In the Middle Ages, they first learned how to apply mathematics to scientific questions. After the time of the story, Nicholas Oresme, who was mentioned briefly in passing, was able to prove the mean speed theorem in physics using principles of Euclidean geometry, which marks the first time a theory had been proven by using mathematics, as opposed to us[ing] mathematics to describe the angle of refraction or to do surveying.
Much of what makes Eifelheim such a pleasure to read is how convincingly Flynn plays out the conversation between the village priest (who was trained in natural philosophy, philosophy, and theology in the universities of Paris, but has been lying low for the last decade as a parish priest after becoming a bit too involved in the radical politics of his day) and several of the scientists among the aliens, who have what in many ways is a fairly normal, modern, materialist point of view.

Although listening to a medieval Aristotelian/Thomist discussing cosmology with an advanced, materialist, star-farer makes for a lot of fun (at least, if you're in medieval cosmology) what most readers will probably find much more compelling at a human level are the religious discussions that go on between the human characters and the aliens. The Krenken, as the German villages term the aliens, find the idea of caritas somewhat alien, especially when applied across classes -- which in their species remain very rigid, due to their insect-like heritage. The religious dimension of the story is very well rounded, with the pastor's rationalism balanced by the strong but at times theologically fanciful faith of a young Minorite Franciscan who is staying in the village, and a very interesting cast of other characters from the village and the manor.

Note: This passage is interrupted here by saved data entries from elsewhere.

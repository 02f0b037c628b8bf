-- ===== src/Proxy/Tap.antt =====
-- internal/proxy/stream.go. The body arrives in the pieces that the upstream sends. The tee writes
-- every piece into a pipe before the caller gets it, and the goroutine's io.ReadAll takes what is
-- written, so the two see the same bytes; Close ends the pipe, and the goroutine then runs once.
pub mod Laws
use codesteward_audit_proxy.Base.{Bool, true, false, List, [], ◌∷◌, ◌++◌, if◌then◌else◌}
use codesteward_audit_proxy.Base.Bytes.{Bytes, codes, contains}
use codesteward_audit_proxy.Proxy.Http.{header_get, Header}

pub record TapReadCloser : Type 0 where
  pub incoming : List Bytes
  pub forwarded : Bytes
  pub piped : Bytes
  pub closed : Bool
  pub completed : List (Bytes × Bool)
  pub is_stream : Bool

-- TapBody, on the response's header and the pieces of its body
unfoldable pub tap_body : Header → List Bytes → TapReadCloser
unfolding contains header_get
tap_body header pieces = record {
  incoming = pieces;
  forwarded = [];
  piped = [];
  closed = false;
  completed = [];
  is_stream = contains (header_get header "Content-Type") (codes "text/event-stream");
}

-- What the caller does with the body.
pub data Use : Type 0 where
  reads closes : Use

tee : TapReadCloser → List Bytes → TapReadCloser
tee t [] = t
tee t (p ∷ ps) = record t { incoming = ps; forwarded = t.forwarded ++ p; piped = t.piped ++ p }

-- Read: behind Close the pipe refuses the piece, and the caller gets an error.
unfoldable pub read : TapReadCloser → TapReadCloser
unfolding tee
read t = if t.closed then t else tee t t.incoming

-- Close: the first one lets io.ReadAll return, and onComplete gets the piped bytes.
unfoldable pub close : TapReadCloser → TapReadCloser
close t =
    if t.closed
    then t
    else record t { closed = true; completed = t.completed ++ (t.piped, t.is_stream) ∷ [] }

unfoldable pub use_body : TapReadCloser → List Use → TapReadCloser
unfolding read close
use_body t [] = t
use_body t (reads ∷ us) = use_body (read t) us
use_body t (closes ∷ us) = use_body (close t) us
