-- ===== src/Proxy/Handler/Transport.antt =====
-- internal/proxy/handler.go: RoundTrip of the audit transport. Third-party calls are parameters: the
-- propagator that writes the trace context into the header, and the texts of errors. Spans and logs
-- are left out; the metrics are kept.
pub mod Partial
pub mod Headers
pub mod Records
pub mod Serving
use codesteward_audit_proxy.Base.{
  ℕ, String, Bool, Option, none, some, List, [], ◌∷◌, map, if◌then◌else◌,
}
use codesteward_audit_proxy.Base.Bytes.{Bytes, codes}
use codesteward_audit_proxy.Base.Int.{ℤ, positive}
use codesteward_audit_proxy.Audit.Event.{AuditEvent, zero_audit_event, UnprocessedEvent}
use codesteward_audit_proxy.Parser.Types.{ParseError}
use codesteward_audit_proxy.Parser.Request.{parse_request}
use codesteward_audit_proxy.Proxy.Http.{
  header_get, header_del, Header, Request, RequestBody, no_body, readable, unreadable, Response,
}
use codesteward_audit_proxy.Proxy.Tap.{tap_body}
use codesteward_audit_proxy.Proxy.Handler.{Handler, RequestMeta, extract_events}

abbrev pub internal_headers : List String
internal_headers =
    "X-Session-ID" ∷ "X-Audit-Agent" ∷ "X-Audit-User" ∷ "X-Audit-Project" ∷ "X-Audit-Branch"
    ∷ "X-Audit-Session-ID" ∷ "X-Audit-Team" ∷ "Accept-Encoding" ∷ []

unfoldable pub strip_headers : List String → Header → Header
unfolding header_del
strip_headers [] h = h
strip_headers (key ∷ keys) h = strip_headers keys (header_del h key)

-- The bytes for the audit, and the body that the upstream gets.
unfoldable pub body_bytes : RequestBody → Bytes
body_bytes (readable b) = b
body_bytes _ = []

unfoldable pub restored_body : RequestBody → RequestBody
restored_body no_body = no_body
restored_body (readable b) = readable b
restored_body unreadable = readable []

-- What reaches a batcher.
pub data Emission : Type 0 where
  to_audit : AuditEvent → Emission
  to_unprocessed : UnprocessedEvent → Emission

unfoldable pub request_event : Handler → RequestMeta → Bytes → AuditEvent
unfolding parse_request
request_event h meta body =
    let r = parse_request body h.scrub h.capture_requests in
    record zero_audit_event {
      session_id = meta.session_id;
      turn_id = meta.turn_id;
      ts = meta.start_time;
      agent = meta.agent;
      project = meta.project;
      branch = meta.branch;
      user = meta.user;
      team = meta.team;
      direction = codes "request";
      raw = r.raw;
      user_messages = r.user_messages;
      request_captured = r.request_captured;
    }

-- The counters that a response adds to, with their dimensions; an absent count adds nothing.
pub record Metrics : Type 0 where
  pub system : Bytes
  pub agent : Bytes
  pub model : Bytes
  pub project : Bytes
  pub input_tokens : Option ℤ
  pub output_tokens : Option ℤ

abbrev if_positive : ℤ → Option ℤ
if_positive n = if positive n then some n else none

unfoldable pub metrics_of : RequestMeta → List AuditEvent → Option Metrics
metrics_of meta [] = none
metrics_of meta (e ∷ es) = some (record {
  system = meta.upstream_name;
  agent = meta.agent;
  model = e.model;
  project = meta.project;
  input_tokens = if_positive e.input_tokens;
  output_tokens = if_positive e.output_tokens;
})

-- `len(events) > 0`, where a nil slice is empty.
abbrev pub events_or_none : Option (List AuditEvent) → List AuditEvent
events_or_none none = []
events_or_none (some es) = es

-- The request as it is forwarded, and the emission on its way there.
unfoldable pub outgoing : (Header → Header) → Request → Request
unfolding strip_headers restored_body
outgoing inject req = record req {
  header = inject (strip_headers internal_headers req.header);
  body = restored_body req.body;
}

pub record Exchange : Type 0 where
  pub sent : Request
  pub request_emissions : List Emission
  pub response : Option Response
  pub response_emissions : List Emission
  pub metrics : Option Metrics

abbrev pub request_emissions_of : Handler → Option RequestMeta → Bytes → List Emission
request_emissions_of h none body = []
request_emissions_of h (some meta) body = to_audit (request_event h meta body) ∷ []

module _ (error_text : ParseError → Bytes) where
  abbrev pub error_message : Option ParseError → Bytes
  error_message none = []
  error_message (some e) = error_text e

  unfoldable pub unprocessed_event :
      RequestMeta → ℕ → ℤ → Bytes → Bytes → Option ParseError → UnprocessedEvent
  unprocessed_event meta ts status content_type body e = record {
    session_id = meta.session_id;
    turn_id = meta.turn_id;
    ts = ts;
    agent = meta.agent;
    project = meta.project;
    branch = meta.branch;
    user = meta.user;
    team = meta.team;
    direction = codes "response";
    method = meta.method;
    path = meta.req_path;
    status_code = status;
    content_type = content_type;
    raw = body;
    error = error_message e;
  }

  -- Where the events of a response go: `has_sink` is whether the unprocessed batcher is there.
  unfoldable pub emissions :
      Bool
      → RequestMeta
      → ℕ
      → ℤ
      → Bytes
      → Bytes
      → Option (List AuditEvent) × Option ParseError
      → List Emission
  unfolding unprocessed_event
  emissions has_sink meta ts status content_type body (some es, e) = map to_audit es
  emissions has_sink meta ts status content_type body (none, e) =
      if has_sink
      then to_unprocessed (unprocessed_event meta ts status content_type body e) ∷ []
      else []

  -- The callback that TapBody runs.
  unfoldable pub on_complete :
      Bool → RequestMeta → ℕ → Response → Bytes → Bool → List Emission × Option Metrics
  unfolding emissions metrics_of extract_events header_get
  on_complete has_sink meta ts resp body is_stream =
      let extracted = extract_events meta ts body is_stream in
      (
        emissions has_sink meta ts resp.status_code (header_get resp.header "Content-Type") body
            extracted,
        metrics_of meta (events_or_none extracted.0),
      )

  -- The answer of the inner RoundTrip (`none` for an error), with the whole body read by the caller.
  unfoldable pub finish_exchange :
      Handler → Option RequestMeta → ℕ → Request → List Emission → Option Response → Exchange
  unfolding on_complete tap_body
  finish_exchange h meta ts req requests none = record {
    sent = req;
    request_emissions = requests;
    response = none;
    response_emissions = [];
    metrics = none;
  }
  finish_exchange h none ts req requests (some resp) = record {
    sent = req;
    request_emissions = requests;
    response = some resp;
    response_emissions = [];
    metrics = none;
  }
  finish_exchange h (some meta) ts req requests (some resp) =
      let done =
        on_complete h.unprocessed meta ts resp resp.body (tap_body resp.header []).is_stream in
      record {
        sent = req;
        request_emissions = requests;
        response = some resp;
        response_emissions = done.0;
        metrics = done.1;
      }

  -- RoundTrip, for a caller that reads the response to its end and closes it.
  unfoldable pub round_trip :
      (Header → Header)
      → (Request → Option Response)
      → Handler
      → Option RequestMeta
      → ℕ
      → Request
      → Exchange
  unfolding outgoing request_event finish_exchange body_bytes
  round_trip inject inner h meta ts req =
      finish_exchange h meta ts (outgoing inject req)
        (request_emissions_of h meta (body_bytes req.body)) (inner (outgoing inject req))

I've heard Eifelheim compared to Doomsday Book by Connie Willis, another science fiction novel involving the period right before and during the Black Death. I liked Doomsday Book quite a bit, though I thought that in some places Willis' Episcopalian conviction that the medieval church in England had been more Anglican than Catholic felt a bit jarring at a historical level at times. Eifelheim is far from being as unrelentingly grim as the latter of of Doomsday Book, even when the plague does come to the village, yet I think that at a human level it is actually more powerful at a human level. The intersection of humans, aliens, Catholicism and the impending dooms of both the humans and some of their alien friends bring out some very interesting and important questions about humanity and Christianity, and some pretty good answers.

If there's weakness in the book, it's in the modern (or more properly, near future) segments, which take up maybe 20% of the books pages. There's a somewhat odd narrative choice to have these segments narrated first person by a minor character who comes in only very late in the modern narrative, giving you an odd first person but almost third person view. I've no idea why the author made that choice, and it's a bit jarring at times. The personal/relationship problems of the modern character also never see the sort of wrap up one might want to see -- living you with the impression that the medieval characters have it much more together than the modern ones. I'm not sure if this was intentional or not. I could almost wish that Flynn had dispensed with the modern plot entirely and instead wrapped with more concluding material in the medieval segment, perhaps with some of the events which evidently took place 20-40 years after the main action in that part of the book.

Overall, though, this is a very, very good book.